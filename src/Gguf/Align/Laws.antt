-- ===== src/Gguf/Align/Laws.antt =====
-- src/gguf.cpp: `align_up` rounds up to a multiple of a power of two.
use adi.Base.{
  ℕ, zero, suc, ◌+◌, ◌-◌, ◌*◌, ◌/◌, ◌%◌, ◌^◌, ◌≤◌, ◌<◌, ◌≡◌, refl, ap, sym, subst, ◌∙◌, ◌==◌,
  bit_and, arith, Bool-cases, inl, inr,
}
use adi.Base.Bits.{bit_and_step, bit_and-mask, bit_and-zero, mod_twice}
use adi.Base.Result.{ok}
use adi.Gguf.Cursor.{u64_max}
use adi.Gguf.Align.{align_up, complement}
use native.Mathlib.Nat.{pow-suc, div-add-mod, mod-lt, mod_self, mod-eq_of_lt, pow-le-pow_right}

bit_and_self : (n a : ℕ) → a ≤ n → bit_and a a ≡ a
bit_and_self zero a h = let e : a ≡ 0 = omega arith in rw e (bit_and-zero 0)
bit_and_self (suc n) a h = elim (Bool-cases (a == 0)) [
  | inl e ↦ let e : a ≡ 0 = ground arith in rw e (bit_and-zero 0)
  | inr e ↦ omega (arith, bit_and_step a a, bit_and_self n (a / 2) (ground arith))
]

-- The test `(a & (a - 1)) == 0` finds the powers of two.
pub power_of_two : (n a : ℕ) → a ≤ n → 0 < a → bit_and a (a - 1) ≡ 0 → (k : ℕ) × (a ≡ 2 ^ k)
power_of_two zero a h p e = absurd (omega arith)
power_of_two (suc n) a h p e = elim (Bool-cases (a % 2 == 0)) [
  | inl even ↦
      let q : a % 2 ≡ 0 = ground arith in
      let half : (a - 1) / 2 ≡ a / 2 - 1 = omega arith in
      let (k, r) =
        power_of_two n (a / 2) (omega arith) (omega arith)
          (omega (arith, bit_and_step a (a - 1), ap (bit_and (a / 2)) half)) in
      (suc k, omega (arith, r, pow-suc 2 k))
  | inr odd ↦
      let q : a % 2 ≡ 1 = ground arith in
      let half : (a - 1) / 2 ≡ a / 2 = omega arith in
      (
        0,
        omega (
          arith,
          bit_and_step a (a - 1),
          ap (bit_and (a / 2)) half,
          bit_and_self a (a / 2) (omega arith),
        ),
      )
]

pow_pos : (k : ℕ) → 0 < 2 ^ k
pow_pos k = pow-le-pow_right {n = 2} (omega arith) {i = 0} {j = k} (omega arith)

-- The complement of a mask of `k` ones clears the low bits.
bit_and-complement : (k n x m : ℕ) → x < 2 ^ n → m + 2 ^ k ≡ 2 ^ n → bit_and x m + x % 2 ^ k ≡ x
bit_and-complement zero n x m h e =
    let none_left : x % 1 ≡ 0 = omega arith in
    omega (arith, bit_and-mask n x m e, mod-eq_of_lt h, none_left)
bit_and-complement (suc k) zero x m h e = absurd (omega (arith, pow-suc 2 k, pow_pos k))
bit_and-complement (suc k) (suc n) x m h e = omega (
  arith,
  bit_and_step x m,
  pow-suc 2 k,
  pow-suc 2 n,
  mod_twice x (2 ^ k),
  ap (λ (t : ℕ). x % t) (pow-suc 2 k),
  bit_and-complement k n (x / 2) (m / 2) (omega (arith, pow-suc 2 n))
      (omega (arith, pow-suc 2 k, pow-suc 2 n)),
)

-- What `align_up` promises of a result: the least multiple of the alignment that is no less than
-- the value.
pub record RoundsUp (value alignment result : ℕ) : Type 0 where
  pub power : ℕ
  pub quotient : ℕ
  pub is_power : alignment ≡ 2 ^ power
  pub multiple : result ≡ alignment * quotient
  pub not_below : value ≤ result
  pub next : result < value + alignment

rounds_up :
    (k value : ℕ)
    → 2 ^ k ≤ u64_max
    → value ≤ u64_max - (2 ^ k - 1)
    → RoundsUp value (2 ^ k) (bit_and (value + (2 ^ k - 1)) (complement (2 ^ k - 1)))
rounds_up k value hk hv = record {
  power = k;
  quotient = (value + (2 ^ k - 1)) / 2 ^ k;
  is_power = refl;
  multiple = omega (arith, cleared, parts);
  not_below = omega (arith, cleared, small);
  next = omega (arith, cleared, small, positive);
}
  where
    positive : 0 < 2 ^ k
    positive = pow_pos k

    cleared :
        bit_and (value + (2 ^ k - 1)) (complement (2 ^ k - 1)) + (value + (2 ^ k - 1)) % 2 ^ k
        ≡ value + (2 ^ k - 1)
    cleared =
        bit_and-complement k 64 (value + (2 ^ k - 1)) (complement (2 ^ k - 1))
          (omega (arith, positive)) (omega (arith, positive))

    parts :
        2 ^ k * ((value + (2 ^ k - 1)) / 2 ^ k) + (value + (2 ^ k - 1)) % 2 ^ k
        ≡ value + (2 ^ k - 1)
    parts = div-add-mod (value + (2 ^ k - 1)) (2 ^ k)

    small : (value + (2 ^ k - 1)) % 2 ^ k < 2 ^ k
    small = mod-lt (value + (2 ^ k - 1)) positive

-- Where `align_up` returns, its result is the least multiple of the alignment, a power of two,
-- that is no less than the value.
pub align_up-RoundsUp :
    (value alignment r : ℕ)
    → alignment ≤ u64_max
    → align_up value alignment ≡ ok r
    → RoundsUp value alignment r
align_up-RoundsUp value alignment r h e =
    let (pos, masked, fits, result) = tested e in
    let (k, power) = power_of_two alignment alignment (omega arith) pos masked in
    subst (λ t. RoundsUp value alignment t) result
      (subst (λ a. RoundsUp value a (bit_and (value + (a - 1)) (complement (a - 1)))) (sym power)
        (rounds_up k value (omega (arith, power)) (omega (arith, power))))
  where
    tested :
        align_up value alignment ≡ ok r
        → (0 < alignment)
          × (bit_and alignment (alignment - 1) ≡ 0)
          × (value ≤ u64_max - (alignment - 1))
          × (bit_and (value + (alignment - 1)) (complement (alignment - 1)) ≡ r)
    tested e = unfold align_up in ground arith

-- It returns for every power of two and every value whose sum is below 2 ^ 64.
pub align_up-returns :
    (k value : ℕ)
    → 2 ^ k ≤ u64_max
    → value + 2 ^ k ≤ u64_max
    → (r : ℕ) × (align_up value (2 ^ k) ≡ ok r)
align_up-returns k value hk hv = (
  bit_and (value + (2 ^ k - 1)) (complement (2 ^ k - 1)),
  unfold align_up in ground (arith, masked, pow_pos k),
)
  where
    masked : bit_and (2 ^ k) (2 ^ k - 1) ≡ 0
    masked =
        bit_and-mask k (2 ^ k) (2 ^ k - 1) (omega (arith, pow_pos k))
        ∙ omega (arith, mod_self (2 ^ k))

════════════════

WHAT IS EXPECTED
Would you please copy exactly the part of the entries above that begins at the line containing "bit_and_self (suc n)" and ends at the line containing "power_of_two zero a", both lines included?

THE ANSWER
bit_and_self (suc n) a h = elim (Bool-cases (a == 0)) [
  | inl e ↦ let e : a ≡ 0 = ground arith in rw e (bit_and-zero 0)
  | inr e ↦ omega (arith, bit_and_step a a, bit_and_self n (a / 2) (ground arith))
]

-- The test `(a & (a - 1)) == 0` finds the powers of two.
pub power_of_two : (n a : ℕ) → a ≤ n → 0 < a → bit_and a (a - 1) ≡ 0 → (k : ℕ) × (a ≡ 2 ^ k)
power_of_two zero a h p e = absurd (omega arith)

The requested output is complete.